To begin, a word about
Roméo et Juliette’s long history at the
Metropolitan. Charles Gounod’s opera was first produced in Italian during the
company’s inaugural season, 1883-1884. It was not sung in French until opening
night 1891, when French itself was at last heard at the Met. The currency of Roméo et Juliette, and the composer’s even
more popular Faust, can be measured
by the near monopoly these titles enjoyed as opening night fare during the
“Gilded Age.” In fact, one or the other opened the season all but once between 1891
and 1900. A witty wag dubbed the Met the ”Faustspielhaus.” During the
thirty-year period beginning in 1938 Roméo
et Juliette was given in only two seasons. It reentered the core repertoire
in 1967 and has been frequently revived ever since.
New this season, Bartlett
Sher’s staging of Roméo et Juliette
counts as one of the Metropolitan’s few successful recent productions. Those
who were fortunate to be in the audience at the Lincoln Center house or at a
“Live in HD” screening witnessed a performance faithful to the narrative as
presented in the libretto, movingly sung and acted by the principals, Vittorio
Grigolo and Diana Damrau, and beautifully conducted by Gianandrea Noseda.
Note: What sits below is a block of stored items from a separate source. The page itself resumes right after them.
-- ===== src/Parser/Ends/Definition.antt =====
-- Definition files end: src/compiler/defparser.cc.
use axcomp.Prelude.{ℕ, zero, suc, ◌+◌, ◌*◌, ◌≤◌, ◌<◌, ◌≡◌, ◌≢◌, refl, arith}
use axcomp.Error.{Ends, Ends-mono, Ends-ne-out_of_fuel, out_of_fuel}
use axcomp.Token.{ident, semicolon, colon, period, l_paren, kw_definition, kw_procedure, kw_end}
use axcomp.Token
use axcomp.Lexer.Unicode.{IsUnicode}
use axcomp.Lexer.State.{available}
use axcomp.SymbolTable.Frames.Invariant.{IsValid}
use axcomp.Parser.State.{Library, State, is_type}
use axcomp.Parser.Definition.{parse_procedure, parse_procedures, parse_module}
use axcomp.Parser.Ends.{no_fuel, Takes, Takes-pure, Takes-bind, Takes-le, Takes-if}
use axcomp.Parser.Ends.Tokens.{next-Takes, peek-Takes, get_token-Takes}
use axcomp.Parser.Ends.Basic.{parse_identifier-Takes, set_attrs-Takes}
use axcomp.Parser.Ends.TypeExpr.{types-end}
use axcomp.Parser.Ends.Decl.{expect, parse_declaration-Takes, parse_parameters-Takes}
use axcomp.Parser.Ends.Module.{check_end-Takes}

module _ (lib : Library) (good : IsUnicode lib.unicode) where
  parse_procedure-Takes : (f n : ℕ) → 20 * n ≤ f → Takes n 1 (parse_procedure lib f)
  unfolding parse_procedure Token.ordinal
  parse_procedure-Takes f n h =
      let types = types-end lib good f in
      Takes-bind 0 (next-Takes lib good n) λ _ m1 le1.
        Takes-bind 1 (parse_identifier-Takes lib good m1) λ bare m2 le2.
          Takes-bind 0 (set_attrs-Takes lib good m2 bare) λ name m3 le3.
            Takes-bind 0 (peek-Takes lib good m3) λ open_paren m4 le4.
              Takes-bind 0
                (Takes-if (is_type open_paren l_paren)
                  (λ _. parse_parameters-Takes lib good f m4 (omega arith)) λ _. Takes-pure m4 _)
                λ params m5 le5. Takes-bind 0 (peek-Takes lib good m5) λ after m6 le6.
                  Takes-bind 0
                    (Takes-if (is_type after colon)
                      (λ _.
                        Takes-bind 0
                          (Takes-bind 0 (next-Takes lib good m6)
                            λ _ m7 le7. Takes-le 1 (omega arith) (types.type m7 (omega arith)))
                          λ t m7 le7. Takes-pure m7 _)
                      λ _. Takes-pure m6 _)
                    λ return_type m7 le7.
                      Takes-bind 0 (expect lib good m7 semicolon refl) λ _ m8 le8. Takes-pure m8 _

  parse_procedures-Takes : (f n : ℕ) → 20 * n + 1 ≤ f → Takes n 0 (parse_procedures lib f)
  unfolding parse_procedures
  parse_procedures-Takes zero n h = no_fuel _ (omega arith) h
  parse_procedures-Takes (suc f) n h = Takes-bind 0 (peek-Takes lib good n) λ tok m le.
      Takes-if (is_type tok kw_procedure)
        (λ _. Takes-bind 1 (parse_procedure-Takes f m (omega arith)) λ p m1 le1.
          Takes-bind 0 (parse_procedures-Takes f m1 (omega arith)) λ rest m2 le2. Takes-pure m2 _)
        λ _. Takes-pure m _

  parse_module-Takes : (f n : ℕ) → 20 * n ≤ f → Takes n 1 (parse_module lib f)
  unfolding parse_module Token.ordinal
  parse_module-Takes f n h = Takes-bind 1 (get_token-Takes lib good n kw_definition refl) λ _ m le.
      Takes-bind 0 (expect lib good m ident refl) λ name m1 le1.
        Takes-bind 0 (expect lib good m1 semicolon refl) λ _ m2 le2.
          Takes-bind 0 (parse_declaration-Takes lib good f m2 (omega arith)) λ decs m3 le3.
            Takes-bind 0 (parse_procedures-Takes f m3 (omega arith)) λ ps m4 le4.
              Takes-bind 0 (expect lib good m4 kw_end refl) λ _ m5 le5.
                Takes-bind 0 (expect lib good m5 ident refl) λ last m6 le6.
                  Takes-bind 0 (check_end-Takes m6 _ last.val name.val) λ _ m7 le7.
                    Takes-bind 0 (expect lib good m7 period refl) λ _ m8 le8. Takes-pure m8 _

  -- With the behaviour that ICU and UTF8-CPP document, and with twenty units of fuel for each
  -- character and token that is left, the `parse_module` of DefParser ends, with a module or with an
  -- exception. With a module the stack of frames is what it was, and frames that were valid are valid
  -- again.
  pub parse_definition-Ends :
      (f : ℕ) (s : State)
      → 20 * available s.lexer ≤ f
      → Ends
          (λ r.
            (available r.1.lexer < available s.lexer)
            × (r.1.symbols.frame_stack ≡ s.symbols.frame_stack)
            × (IsValid s.symbols → IsValid r.1.symbols))
          (parse_module lib f s)
        × (parse_module lib f s ≢ out_of_fuel)
  parse_definition-Ends f s h =
      let ends = parse_module-Takes f (available s.lexer) h s (omega arith) in
      (
        Ends-mono ends
            λ r after. let less = after.less in (omega arith, after.kept.stack, after.kept.valid),
        Ends-ne-out_of_fuel ends,
      )
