-- ===== src/Parser/Literals.antt =====
-- What the numbers of a text are parsed to: `parse_integer` of src/compiler/parser.cc.
use axcomp.Prelude.{
  ℕ, zero, suc, ◌+◌, ◌*◌, ◌/◌, ◌%◌, ◌≤◌, ◌<◌, ◌≡◌, refl, arith, Bool, true, false, [], ◌∷◌, Text,
  ltb, leb, decimal, decimal_on, if◌then◌else◌, Bool-cases, inl, inr, sym, append-nil, ◌∙◌, ◌++◌,
  codes,
}
use axcomp.Error.{ok}
use axcomp.Token.{Token, spelled, hexinteger, token_text}
use axcomp.Token
use axcomp.Lexer.Tokenize.{get_token, peek_token, push_token}
use axcomp.Ast.Expr.{integer}
use axcomp.Parser.State.{Library, State, next, peek}
use axcomp.Parser.Basic.{digit_value, digits_value, strtol, long_max, parse_integer}
use axcomp.Printer.Expr.{hex_digit, hexadecimal_on, hexadecimal, integer_text}

digit_value-decimal : (d : ℕ) → d < 10 → digit_value (48 + d) ≡ d
digit_value-decimal d h = ground arith

digit_value-hex_digit : (d : ℕ) → d < 16 → digit_value (hex_digit d) ≡ d
digit_value-hex_digit d h = ground arith

digits_value-cons :
    (radix n c d m : ℕ) (s : Text)
    → digit_value c ≡ d
    → d < radix
    → n * radix + d ≡ m
    → digits_value radix n (c ∷ s) ≡ digits_value radix m s
unfolding digits_value
digits_value-cons radix n c d m s e h whole =
    let small : ltb d radix ≡ true = ground arith in rw e (rw (small, whole) refl)

-- The digits of a number are read as the number.
digits_value-decimal_on :
    (f n : ℕ) (s : Text) → n < f → digits_value 10 0 (decimal_on f n s) ≡ digits_value 10 n s
unfolding decimal_on
digits_value-decimal_on zero n s h = elim h [ ]
digits_value-decimal_on (suc f) n s h = elim (Bool-cases (ltb n 10)) [
  | inl small ↦
      let bound : n < 10 = ground arith in
      rw small
        (digits_value-cons 10 0 (48 + n) n n s (digit_value-decimal n bound) bound (omega arith))
  | inr big ↦
      let bound : n % 10 < 10 = omega arith in
      let less : n / 10 < f = ground arith in
      let whole : n / 10 * 10 + n % 10 ≡ n = omega arith in
      rw big (
        digits_value-decimal_on f (n / 10) ((48 + n % 10) ∷ s) less
        ∙ digits_value-cons 10 (n / 10) (48 + n % 10) (n % 10) n s
            (digit_value-decimal (n % 10) bound) bound whole)
]

digits_value-hexadecimal_on :
    (f n : ℕ) (s : Text) → n < f → digits_value 16 0 (hexadecimal_on f n s) ≡ digits_value 16 n s
unfolding hexadecimal_on
digits_value-hexadecimal_on zero n s h = elim h [ ]
digits_value-hexadecimal_on (suc f) n s h = elim (Bool-cases (ltb n 16)) [
  | inl small ↦
      let bound : n < 16 = ground arith in
      rw small (
        digits_value-cons 16 0 (hex_digit n) n n s (digit_value-hex_digit n bound) bound
          (omega arith))
  | inr big ↦
      let bound : n % 16 < 16 = omega arith in
      let less : n / 16 < f = ground arith in
      let whole : n / 16 * 16 + n % 16 ≡ n = omega arith in
      rw big (
        digits_value-hexadecimal_on f (n / 16) (hex_digit (n % 16) ∷ s) less
        ∙ digits_value-cons 16 (n / 16) (hex_digit (n % 16)) (n % 16) n s
            (digit_value-hex_digit (n % 16) bound) bound whole)
]

-- The spelling of the token that the lexer makes of a number as it is printed.
abbrev pub spelling : ℕ → Bool → Text
spelling n hex = if hex then b'0' ∷ hexadecimal n else decimal n

spelling-value : (n : ℕ) (hex : Bool) → digits_value (if hex then 16 else 10) 0 (spelling n hex) ≡ n
unfolding digits_value
spelling-value n true =
    digits_value-cons 16 0 b'0' 0 0 (hexadecimal n) refl (omega arith) refl
    ∙ digits_value-hexadecimal_on (suc n) n [] (omega arith)
spelling-value n false = digits_value-decimal_on (suc n) n [] (omega arith)

strtol-spelling :
    (n : ℕ) (hex : Bool) → n ≤ long_max → strtol (if hex then 16 else 10) (spelling n hex) ≡ n
unfolding strtol
strtol-spelling n hex h =
    let fits : leb n long_max ≡ true = ground arith in rw (spelling-value n hex) (rw fits refl)

strtol-too_large :
    (n : ℕ) (hex : Bool)
    → long_max < n
    → strtol (if hex then 16 else 10) (spelling n hex) ≡ long_max
unfolding strtol
strtol-too_large n hex h =
    let large : leb n long_max ≡ false = ground arith in rw (spelling-value n hex) (rw large refl)

-- The token of a number.
abbrev pub number_token : ℕ → Bool → Token
number_token n hex = spelled (if hex then hexinteger else Token.integer) (spelling n hex)

module _ (lib : Library) where
  -- A number of at most `LONG_MAX`, printed by `visit(ASTInteger)` in decimal or in hexadecimal digits, is
  -- the token's spelling with an `H` behind hexadecimal digits, and `parse_integer` reads the token as
  -- the number that was printed.
  pub parse_integer-integer_text :
      (n : ℕ) (hex : Bool) (s : State)
      → n ≤ long_max
      → (integer_text n hex ≡ spelling n hex ++ (if hex then codes "H" else []))
        × (parse_integer lib (record s { lexer = push_token (number_token n hex) s.lexer })
            ≡ ok (integer n hex, s))
  unfolding parse_integer peek next peek_token get_token push_token Token.ordinal
  parse_integer-integer_text n true s h = (refl, rw (strtol-spelling n true h) refl)
  parse_integer-integer_text n false s h =
      (sym (append-nil (decimal n)), rw (strtol-spelling n false h) refl)

  -- The token of a number above `LONG_MAX`, in decimal or in hexadecimal digits, is taken and read as the number
  -- `LONG_MAX`, without an error.
  pub parse_integer-too_large :
      (n : ℕ) (hex : Bool) (s : State)
      → long_max < n
      → parse_integer lib (record s { lexer = push_token (number_token n hex) s.lexer })
        ≡ ok (integer long_max hex, s)
  unfolding parse_integer peek next peek_token get_token push_token Token.ordinal
  parse_integer-too_large n true s h = rw (strtol-too_large n true h) refl
  parse_integer-too_large n false s h = rw (strtol-too_large n false h) refl
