-- ===== src/Parser/Names.antt =====
-- Names that a point may qualify, and the statements that begin with a name:
-- `parse_qualident` and `parse_statement` of src/compiler/parser.cc.
use axcomp.Prelude.{
  ℕ, ◌≡◌, refl, ap, arith, Bool, true, false, ◌||◌, [], ◌++◌, Option, some, codes, if◌then◌else◌,
}
use axcomp.Error.{ok, err, parse}
use axcomp.Token.{
  Token, TokenType, type_eq, token_text, ident, period, l_paren, semicolon, kw_end, assign,
}
use axcomp.Token
use axcomp.Lexer.State.{Lexer, get_location}
use axcomp.Lexer.Tokenize
use axcomp.Lexer.Tokenize.{peek_token, push_token}
use axcomp.Lexer.Stack.{get_token-push_token, peek_token-get_token}
use axcomp.SymbolTable.Frames
use axcomp.SymbolTable.Frames.{Frames}
use axcomp.Ast.Expr.{AstQualident, AstDesignator}
use axcomp.Parser.State.{Library, Symbol, State, ◌>>=◌, ◌>>◌, pure, next, peek, find, push, is_type}
use axcomp.Parser.State as Parsing
use axcomp.Parser.Basic.{identifier, is_module, qualified, parse_qualident}
use axcomp.Parser.Expr.{parse_designator}
use axcomp.Parser.Stmt.{parse_designated, parse_assignment}

module _ (lib : Library) where
  is_type_refl : (t : Token) (u : TokenType) → t.type ≡ u → is_type t u ≡ true
  unfolding Token.ordinal
  is_type_refl t u e =
      let same : Token.ordinal t.type ≡ Token.ordinal u = ap Token.ordinal e in ground arith

  -- A token of the type that is expected is given.
  get_token-given :
      (s : State) (t : Token) (lx : Lexer) (u : TokenType)
      → Tokenize.get_token lib.unicode s.lexer ≡ ok (t, lx)
      → t.type ≡ u
      → Parsing.get_token lib u s ≡ ok (t, record s { lexer = lx })
  unfolding Parsing.get_token next
  get_token-given s t lx u e h = rw (e, is_type_refl t u h) refl

  peek-given :
      (s : State) (t : Token) (lx : Lexer)
      → Tokenize.get_token lib.unicode s.lexer ≡ ok (t, lx)
      → peek lib s ≡ ok (t, record s { lexer = push_token t lx })
  unfolding peek
  peek-given s t lx e = rw (peek_token-get_token lib.unicode t s.lexer lx e) refl

  next-push_token :
      (s : State) (t : Token) → next lib (record s { lexer = push_token t s.lexer }) ≡ ok (t, s)
  unfolding next
  next-push_token s t = rw (get_token-push_token lib.unicode t s.lexer) refl

  qualified-cases :
      (s : State) (t1 t2 t3 : Token) (lx3 : Lexer) (res : Option Symbol) (fr : Frames Symbol)
      → Tokenize.get_token lib.unicode s.lexer ≡ ok (t3, lx3)
      → t3.type ≡ ident
      → Frames.find t1.val s.symbols ≡ some (res, fr)
      → qualified lib t1 t2 s ≡ (
          if is_module res
          then ok (
            record { qual = t1.val; id = identifier t3.val },
            record { lexer = lx3; symbols = fr },
          )
          else ok (
            record { qual = []; id = identifier t1.val },
            record { lexer = push_token t2 (push_token t3 lx3); symbols = fr },
          ))
  unfolding qualified find push
  qualified-cases s t1 t2 t3 lx3 res fr e h found =
      rw (get_token-given s t3 lx3 ident e h) (rw found (both (is_module res)))
    where
      both :
          (b : Bool)
          → (if b
                then pure {A = AstQualident} (record { qual = t1.val; id = identifier t3.val })
                else do push t3; push t2; pure (record { qual = []; id = identifier t1.val }))
              (record { lexer = lx3; symbols = fr })
            ≡ (if b
                then ok (
                  record { qual = t1.val; id = identifier t3.val },
                  record { lexer = lx3; symbols = fr },
                )
                else ok (
                  record { qual = []; id = identifier t1.val },
                  record { lexer = push_token t2 (push_token t3 lx3); symbols = fr },
                ))
      both true = refl
      both false = refl

  -- Where the next three tokens are a name, a point and a name, and the table of symbols has an
  -- outcome for the first name, `parse_qualident` takes all three if the first name is that of a
  -- module, and gives the second name qualified by the first; otherwise it gives the first name alone,
  -- and the point and the second name are the next tokens again.
  pub parse_qualident-cases :
      (s : State) (t1 t2 t3 : Token) (lx1 lx2 lx3 : Lexer) (res : Option Symbol)
      (fr : Frames Symbol)
      → Tokenize.get_token lib.unicode s.lexer ≡ ok (t1, lx1)
      → Tokenize.get_token lib.unicode lx1 ≡ ok (t2, lx2)
      → Tokenize.get_token lib.unicode lx2 ≡ ok (t3, lx3)
      → t1.type ≡ ident
      → t2.type ≡ period
      → t3.type ≡ ident
      → Frames.find t1.val s.symbols ≡ some (res, fr)
      → parse_qualident lib s ≡ (
          if is_module res
          then ok (
            record { qual = t1.val; id = identifier t3.val },
            record { lexer = lx3; symbols = fr },
          )
          else ok (
            record { qual = []; id = identifier t1.val },
            record { lexer = push_token t2 (push_token t3 lx3); symbols = fr },
          ))
  unfolding parse_qualident
  parse_qualident-cases s t1 t2 t3 lx1 lx2 lx3 res fr e1 e2 e3 h1 h2 h3 found =
      rw (get_token-given s t1 lx1 ident e1 h1) (
        rw (peek-given (record s { lexer = lx1 }) t2 lx2 e2) (
          rw (is_type_refl t2 period h2, next-push_token (record s { lexer = lx2 }) t2)
            (qualified-cases (record s { lexer = lx2 }) t1 t2 t3 lx3 res fr e3 h3 found)))

  -- The types of the tokens behind the designator of a call or of an assignment.
  abbrev pub after_designator : TokenType → Bool
  after_designator t =
      type_eq t l_paren || type_eq t semicolon || type_eq t kw_end || type_eq t assign

  -- A statement whose designator is parsed is refused, unless `(`, `;`, `END` or `:=` is the token
  -- behind it: so a call without parentheses is refused in front of `ELSE`, `ELSIF`, `UNTIL` and `|`.
  pub parse_designated-refused :
      (f : ℕ) (s s1 : State) (d : AstDesignator) (tok : Token) (lx : Lexer)
      → parse_designator lib f s ≡ ok (d, s1)
      → Tokenize.get_token lib.unicode s1.lexer ≡ ok (tok, lx)
      → after_designator tok.type ≡ false
      → parse_designated lib f s
        ≡ err (
            parse (get_location lx) (
              codes "Unexpected token: "
              ++ token_text tok
              ++ codes " - expecting "
              ++ Token.type_name assign))
  unfolding parse_designated parse_assignment Parsing.get_token
  parse_designated-refused f s s1 d tok lx parsed read other =
      let no_call : (is_type tok l_paren || is_type tok semicolon || is_type tok kw_end) ≡ false =
        ground arith in
      let no_assign : is_type tok assign ≡ false = ground arith in
      rw parsed (
        rw (peek-given s1 tok lx read, no_call, next-push_token (record s1 { lexer = lx }) tok)
          (rw no_assign refl))
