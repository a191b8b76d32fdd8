-- ===== src/Printer.antt =====
-- `ASTPrinter` of src/compiler/printer.hh and src/compiler/printer.cc, which prints a syntax tree as a
-- program.
pub mod Expr
pub mod Level
pub mod TypeExpr
pub mod Levels
pub mod Stmt
pub mod Decl
pub mod Definition
pub mod Exports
Michael Yeargen’s unit set, a nod to Elizabethan stage practice, favored the
fluid unfolding of the action. It served the youthful exuberance of the doomed
couple particularly well.
Shakespeare’s play
(circa 1595) has been adapted to legitimate, musical, and dance stages endless
times. At least eight operas (the most famous by Bellini, Zandonai, and Gounod)
are based on the story of the “star-cross’d lovers.” We offer below three versions
of the tragic scene in which Romeo and then Juliet take their own lives. We
begin with Shakespeare’s text, continue with a ballet danced to Sergei
Prokofiev’s score (1935), and conclude with Gounod’s final scene (1867).
The traditional
staging, décor, and costumes of the 1976 telefilm starring Christopher Neame
and Ann Hasson adhere faithfully to Shakespeare’s scenario and text. Preceded
by Romeo’s duel with Paris, Juliet’s betrothed, then interrupted by Friar
Laurence, whose herbal brew produced Juliet’s simulated death, and followed by
a guard who alludes to the heavy toll Verona has paid for the feud between the
Capulets and the Montagues, the final private minutes of the lovers are
embedded in the social context of the narrative.
Kenneth Macmillan’s
choreography (1965) was first performed by the world’s then most celebrated
ballet team, Rudolf Nureyev and Margot Fonteyn, both extraordinary actors. The
hyper-expressive physical conventions of ballet that so fittingly capture
extreme emotions are unabashedly present when Romeo “dances” with Juliet whose
inert body he mistakes for dead. Magically rendered by Fonteyn is Juliet’s
evolving consciousness that it is Romeo who has died, and her evolving
determination to take her own life.
The Met’s new
production of Roméo et Juliette, to
which we return, originated at the Salzburg Festival in 2008 where the
principal roles were taken by Rolando Villazon and Nino Machaidze. The vocal
crisis that would have such a devastating impact on Villazon’s career obliged
the lowering of several of the role’s high notes. It did nothing however to inhibit
the passionate energy and generous outpouring that marked him as one of the
most exciting tenors of his generation. By allowing Roméo and Juliette an
uninterrupted final duet in which they sing their short-lived joy at being
reunited, then their despair as death overtakes them, Gounod allows the couple a
privacy that excludes family and society. The only available clip, from Austrian television, has German subtitles.
Post-script: In 1947,
the Met cast Roméo and Juliette with ideal interpreters, Jussi Björling and Bidu
Sayão, but only twice. Fortunately, one of the performances was broadcast. We
urge you to search for excerpts from this Saturday matinee on Youtube.